Deutlich erinnert er – in freilich sehr gemäßigter Form – an jenen Wanderer aus Siebenbürgen, der vor allem durch seine eigene Tracht auffällt, der als Wald- oder Naturmensch bezeichnet wird, der in seiner Dichtung die Hütten feiert und den Wald, der einfach lebt und Einfachheit predigt. „Wahr sein, einfach sein – das ist der Inhalt seiner Lehre“ (Volkswacht, 22. 12. 1919).





V.

Heidegger hatte mit eigenen Augen das Auftreten, die Verurteilung und Vertreibung eines sokratischen Menschen miterlebt, einen exemplarischen Vorgang, der ihn selbst dann nicht hätte unberührt lassen können, wenn er die Auffassungen des verbannten Denkers nicht geteilt hätte. Dass er dies aber getan hat, dafür ist allein schon sein künftiger Lebensstil ein deutlich sprechender Beweis. Dafür legen aber auch schriftliche Äußerungen von 1920 Zeugnis ab, die nun eine ganz neue, entschiedenere, auch eine dringlich-rebellische Sprache sprechen. Man müsse in einem „radikalen Ab- und Rückbau“ eine feste Überzeugung gewinnen von dem „Einen, was not tut“, er müsse das tun, „was ich in der heutigen Umsturzsituation lebend als ‚notwendig’ erfahre, ohne Seitenblick darauf, ob daraus eine ‚Kultur’ wird oder eine Beschleunigung des Untergangs“, schreibt er 1920 (Löwith 1989, S. 28). Und 1921: „Ich mache lediglich, was ich muss … Ich arbeite aus meinem ‚ich bin’“ (ebd., S. 30).

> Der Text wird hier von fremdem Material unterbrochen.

-- ===== src/Real/Tests.antt =====
-- The real client of packages/vault-client/src/real.ts at a concrete environment and call.
use sorosense.Base.{◌≡◌, refl, true, false, ℕ, ◌+◌, String, Option, none, some, string_key, arith}
use sorosense.Int.{ℤ, pos}
use sorosense.Dict.{get, put}
use sorosense.Seam.{eur, ExitProposal, depositor, keeper, Signer}
use sorosense.Vault.State.{fresh}
use sorosense.Vault.Operations.{err, wrong_signer}
use sorosense.Vault.Submit.{
  freeze_call, propose_call, approve_call, prepared, sign_and_submit, role_of,
}
use sorosense.Real.{
  PoolEnv, BindingsCall, freeze_b, propose_b, approve_b, eur_tag, depositor_tx, Sent, keeper_tx,
  pool_registry_entries, from_entries, build_pool_registry, build_pool_id_resolver, pool_address,
  real_write, real_sign_and_submit,
}
use sorosense.Real.Reads.{active_tag, BindingsExitProposal, BindingsReads, real_pending_exit}
use sorosense.Real.Reads.Exits.{pending_exit_round_trip}
use sorosense.Real.Roles.{clients_agree_on_signers}

abbrev env : PoolEnv
env = record {
  yield_usd = some "CUSD";
  blend_usd = none;
  yield_eur = none;
  blend_eur = some "CEUR";
}

-- A contract whose exit 7 is pending, and texts of the one id.
abbrev pending : BindingsExitProposal
pending = record { id = 7; currency = eur_tag; from_pool = "CEUR"; to_pool = "CUSD" }

abbrev contract : BindingsReads
contract = record {
  balance_of = λ user c. some (pos 0);
  share_price = λ c. some (pos 1);
  value_of = λ user c. some (pos 0);
  pool_status = λ a. some active_tag;
  has_consent = λ a. some true;
  auto_compound_enabled = λ a. some false;
  active_pool = λ c. some (some "CEUR");
  pending_exit = λ c. some (some pending);
}

abbrev exit_text : ℕ → String
exit_text n = "7"

abbrev exit_parse : String → Option ℤ
exit_parse s = some (pos 7)

pending_exit_round_trip_example :
    (e : ExitProposal) × (real_pending_exit
        (build_pool_registry env)
        (build_pool_id_resolver env)
        exit_text
        contract
        eur
      ≡ some (some e))
    × (real_write
          (build_pool_registry env)
          exit_parse
          (propose_call e.currency e.from_pool e.to_pool)
        ≡ some (keeper_tx (propose_b eur_tag "CEUR" "CUSD")))
    × (real_write (build_pool_registry env) exit_parse (approve_call "alice" e.id)
        ≡ depositor_tx (approve_b "alice" (pos 7)))
unfolding build_pool_registry pool_registry_entries pool_address from_entries get put
pending_exit_round_trip_example =
    pending_exit_round_trip env exit_text exit_parse contract eur pending "sorosense-eur"
      "sorosense-usd" "alice" refl refl refl refl

-- A network that counts its calls.
abbrev send : BindingsCall → Signer → ℕ → Option Sent × ℕ
send call signer n = (some (record { hash = some "h"; status = some "SUCCESS" }), 1 + n)

abbrev no_number : String → Option ℤ
no_number s = none

abbrev alice : Signer
alice = record { role = depositor; address = "alice"; sign = λ xdr. some "alice" }

clients_agree_on_signers_case :
    (real_sign_and_submit send (keeper_tx (freeze_b "blend")) alice 0 ≡ (none, 0))
    × (sign_and_submit (prepared (freeze_call "blend") 1) alice fresh
        ≡ (err (wrong_signer keeper depositor), fresh))
unfolding real_write pool_address role_of
clients_agree_on_signers_case =
    clients_agree_on_signers none no_number send (freeze_call "blend") refl alice
      (λ e. absurd (ground (arith, e))) 0 1 fresh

In solchen Sätzen finden wir sowohl das heilige Müssen, die heilige Notwendigkeit und das BIN Gusto Gräsers wie dessen elementare Kulturverachtung.



Gräser will ein BIN im Weltbaum sein. Ums Bin da binnen dreht sich sein Denken, aus heilgem Bin wächst sein Tun. Er verachtet die Bluffkultur, Mordskultur, den elenden Kulturhaufen. Er wettert gegen das faule, falsche Getriebe, den von Tinte betrunknen Betrieb, Vielbetrieb, Krampfbetrieb. Gegen die Vielbetriebefron. Er lebt aus Muss und Urgenuss. Aus heiliger Notwendigkeit.

  

„Seine (Heideggers) maßlose Kritik an allem Kultur- und Bildungsbetrieb zog uns an und stieß uns ab“, erinnert sich sein damaliger Schüler Karl Löwith (ebd., S. 44). Es sind die frühesten Zeugnisse von Heideggers Entschlossenheit zur Selbstver-wirklichung, zum Eigenen, zum Kulturprotest, und sie datieren sämtlich aus der Zeit um Gräsers Auftreten in Freiburg.

1919 spricht noch niemand von diesem Assistenten am philosophischen Seminar. Wenige Monate später, 1920: plötzlich ist da eine Fama, eine Faszination, eine charismatische Ausstrahlung – und bald schon wird man ihn den „heimlichen König des Denkens“ nennen (Hannah Arendt).